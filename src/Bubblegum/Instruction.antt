-- ===== src/Bubblegum/Instruction.antt =====
-- The names of instructions: `ix_str` of program_transformers/src/bubblegum/mod.rs, and both
-- directions of digital_asset_types/src/dao/extensions/instruction.rs.
use digital_asset_rpc_infras.Base.{◌≡◌, refl, String, if◌then◌else◌}
use digital_asset_rpc_infras.Db.Schema.{Instruction}
use digital_asset_rpc_infras.Bubblegum.Event.{InstructionName}
use text.Mathlib.Text.{◌==◌}

unfoldable pub ix_str : InstructionName → String
ix_str InstructionName.unknown = "Unknown"
ix_str InstructionName.mint_v1 = "MintV1"
ix_str InstructionName.mint_to_collection_v1 = "MintToCollectionV1"
ix_str InstructionName.redeem = "Redeem"
ix_str InstructionName.cancel_redeem = "CancelRedeem"
ix_str InstructionName.transfer = "Transfer"
ix_str InstructionName.delegate = "Delegate"
ix_str InstructionName.decompress_v1 = "DecompressV1"
ix_str InstructionName.compress = "Compress"
ix_str InstructionName.burn = "Burn"
ix_str InstructionName.create_tree = "CreateTree"
ix_str InstructionName.verify_creator = "VerifyCreator"
ix_str InstructionName.unverify_creator = "UnverifyCreator"
ix_str InstructionName.verify_collection = "VerifyCollection"
ix_str InstructionName.unverify_collection = "UnverifyCollection"
ix_str InstructionName.set_and_verify_collection = "SetAndVerifyCollection"
ix_str InstructionName.set_decompressible_state = "SetDecompressibleState"
ix_str InstructionName.update_metadata = "UpdateMetadata"
ix_str InstructionName.burn_v2 = "BurnV2"
ix_str InstructionName.collect_v2 = "CollectV2"
ix_str InstructionName.create_tree_v2 = "CreateTreeV2"
ix_str InstructionName.delegate_and_freeze_v2 = "DelegateAndFreezeV2"
ix_str InstructionName.delegate_v2 = "DelegateV2"
ix_str InstructionName.freeze_v2 = "FreezeV2"
ix_str InstructionName.mint_v2 = "MintV2"
ix_str InstructionName.set_collection_v2 = "SetCollectionV2"
ix_str InstructionName.set_non_transferable_v2 = "SetNonTransferableV2"
ix_str InstructionName.thaw_and_revoke_v2 = "ThawAndRevokeV2"
ix_str InstructionName.thaw_v2 = "ThawV2"
ix_str InstructionName.transfer_v2 = "TransferV2"
ix_str InstructionName.unverify_creator_v2 = "UnverifyCreatorV2"
ix_str InstructionName.update_asset_data_v2 = "UpdateAssetDataV2"
ix_str InstructionName.update_metadata_v2 = "UpdateMetadataV2"
ix_str InstructionName.verify_creator_v2 = "VerifyCreatorV2"

unfoldable pub instruction_from : String → Instruction
instruction_from s =
    if s == "Burn"
    then Instruction.burn
    else if s == "CancelRedeem"
    then Instruction.cancel_redeem
    else if s == "Compress"
    then Instruction.compress
    else if s == "DecompressV1"
    then Instruction.decompress_v1
    else if s == "Delegate"
    then Instruction.delegate
    else if s == "MintToCollectionV1"
    then Instruction.mint_to_collection_v1
    else if s == "MintV1"
    then Instruction.mint_v1
    else if s == "Redeem"
    then Instruction.redeem
    else if s == "SetAndVerifyCollection"
    then Instruction.set_and_verify_collection
    else if s == "Transfer"
    then Instruction.transfer
    else if s == "UnverifyCollection"
    then Instruction.unverify_collection
    else if s == "UnverifyCreator"
    then Instruction.unverify_creator
    else if s == "VerifyCollection"
    then Instruction.verify_collection
    else if s == "VerifyCreator"
    then Instruction.verify_creator
    else if s == "UpdateMetadata"
    then Instruction.update_metadata
    else if s == "BurnV2"
    then Instruction.burn_v2
    else if s == "DelegateV2"
    then Instruction.delegate_v2
    else if s == "DelegateAndFreezeV2"
    then Instruction.delegate_and_freeze_v2
    else if s == "FreezeV2"
    then Instruction.freeze_v2
    else if s == "MintV2"
    then Instruction.mint_v2
    else if s == "SetCollectionV2"
    then Instruction.set_collection_v2
    else if s == "SetNonTransferableV2"
    then Instruction.set_non_transferable_v2
    else if s == "ThawV2"
    then Instruction.thaw_v2
    else if s == "ThawAndRevokeV2"
    then Instruction.thaw_and_revoke_v2
    else if s == "TransferV2"
    then Instruction.transfer_v2
    else if s == "UnverifyCreatorV2"
    then Instruction.unverify_creator_v2
    else if s == "VerifyCreatorV2"
    then Instruction.verify_creator_v2
    else if s == "UpdateMetadataV2"
    then Instruction.update_metadata_v2
    else if s == "UpdateAssetDataV2"
    then Instruction.update_asset_data_v2
    else Instruction.unknown

unfoldable pub to_pascal_case : Instruction → String
to_pascal_case Instruction.burn = "Burn"
to_pascal_case Instruction.cancel_redeem = "CancelRedeem"
to_pascal_case Instruction.compress = "Compress"
to_pascal_case Instruction.decompress_v1 = "DecompressV1"
to_pascal_case Instruction.delegate = "Delegate"
to_pascal_case Instruction.mint_to_collection_v1 = "MintToCollectionV1"
to_pascal_case Instruction.mint_v1 = "MintV1"
to_pascal_case Instruction.redeem = "Redeem"
to_pascal_case Instruction.set_and_verify_collection = "SetAndVerifyCollection"
to_pascal_case Instruction.transfer = "Transfer"
to_pascal_case Instruction.unknown = "Unknown"
to_pascal_case Instruction.unverify_collection = "UnverifyCollection"
to_pascal_case Instruction.unverify_creator = "UnverifyCreator"
to_pascal_case Instruction.verify_collection = "VerifyCollection"
to_pascal_case Instruction.verify_creator = "VerifyCreator"
to_pascal_case Instruction.update_metadata = "UpdateMetadata"
to_pascal_case Instruction.burn_v2 = "BurnV2"
to_pascal_case Instruction.delegate_v2 = "DelegateV2"
to_pascal_case Instruction.delegate_and_freeze_v2 = "DelegateAndFreezeV2"
to_pascal_case Instruction.freeze_v2 = "FreezeV2"
to_pascal_case Instruction.mint_v2 = "MintV2"
to_pascal_case Instruction.set_collection_v2 = "SetCollectionV2"
to_pascal_case Instruction.set_non_transferable_v2 = "SetNonTransferableV2"
to_pascal_case Instruction.thaw_v2 = "ThawV2"
to_pascal_case Instruction.thaw_and_revoke_v2 = "ThawAndRevokeV2"
to_pascal_case Instruction.transfer_v2 = "TransferV2"
to_pascal_case Instruction.unverify_creator_v2 = "UnverifyCreatorV2"
to_pascal_case Instruction.verify_creator_v2 = "VerifyCreatorV2"
to_pascal_case Instruction.update_metadata_v2 = "UpdateMetadataV2"
to_pascal_case Instruction.update_asset_data_v2 = "UpdateAssetDataV2"

-- Printing an instruction and reading it back gives the same instruction.
pub instruction_from-to_pascal_case : (i : Instruction) → instruction_from (to_pascal_case i) ≡ i
unfolding instruction_from to_pascal_case
instruction_from-to_pascal_case Instruction.burn = refl
instruction_from-to_pascal_case Instruction.cancel_redeem = refl
instruction_from-to_pascal_case Instruction.compress = refl
instruction_from-to_pascal_case Instruction.decompress_v1 = refl
instruction_from-to_pascal_case Instruction.delegate = refl
instruction_from-to_pascal_case Instruction.mint_to_collection_v1 = refl
instruction_from-to_pascal_case Instruction.mint_v1 = refl
instruction_from-to_pascal_case Instruction.redeem = refl
instruction_from-to_pascal_case Instruction.set_and_verify_collection = refl
instruction_from-to_pascal_case Instruction.transfer = refl
instruction_from-to_pascal_case Instruction.unknown = refl
instruction_from-to_pascal_case Instruction.unverify_collection = refl
instruction_from-to_pascal_case Instruction.unverify_creator = refl
instruction_from-to_pascal_case Instruction.verify_collection = refl
instruction_from-to_pascal_case Instruction.verify_creator = refl
instruction_from-to_pascal_case Instruction.update_metadata = refl
instruction_from-to_pascal_case Instruction.burn_v2 = refl
instruction_from-to_pascal_case Instruction.delegate_v2 = refl
instruction_from-to_pascal_case Instruction.delegate_and_freeze_v2 = refl
instruction_from-to_pascal_case Instruction.freeze_v2 = refl
instruction_from-to_pascal_case Instruction.mint_v2 = refl
instruction_from-to_pascal_case Instruction.set_collection_v2 = refl
instruction_from-to_pascal_case Instruction.set_non_transferable_v2 = refl
instruction_from-to_pascal_case Instruction.thaw_v2 = refl
instruction_from-to_pascal_case Instruction.thaw_and_revoke_v2 = refl
instruction_from-to_pascal_case Instruction.transfer_v2 = refl
instruction_from-to_pascal_case Instruction.unverify_creator_v2 = refl
instruction_from-to_pascal_case Instruction.verify_creator_v2 = refl
instruction_from-to_pascal_case Instruction.update_metadata_v2 = refl
instruction_from-to_pascal_case _ = refl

> **WHAT IS EXPECTED**
Keep only those lines of the records that hold "unknown", and return them.

> **OUTPUT OF THE TASK**
ix_str InstructionName.unknown = "Unknown"
    else Instruction.unknown
to_pascal_case Instruction.unknown = "Unknown"
instruction_from-to_pascal_case Instruction.unknown = refl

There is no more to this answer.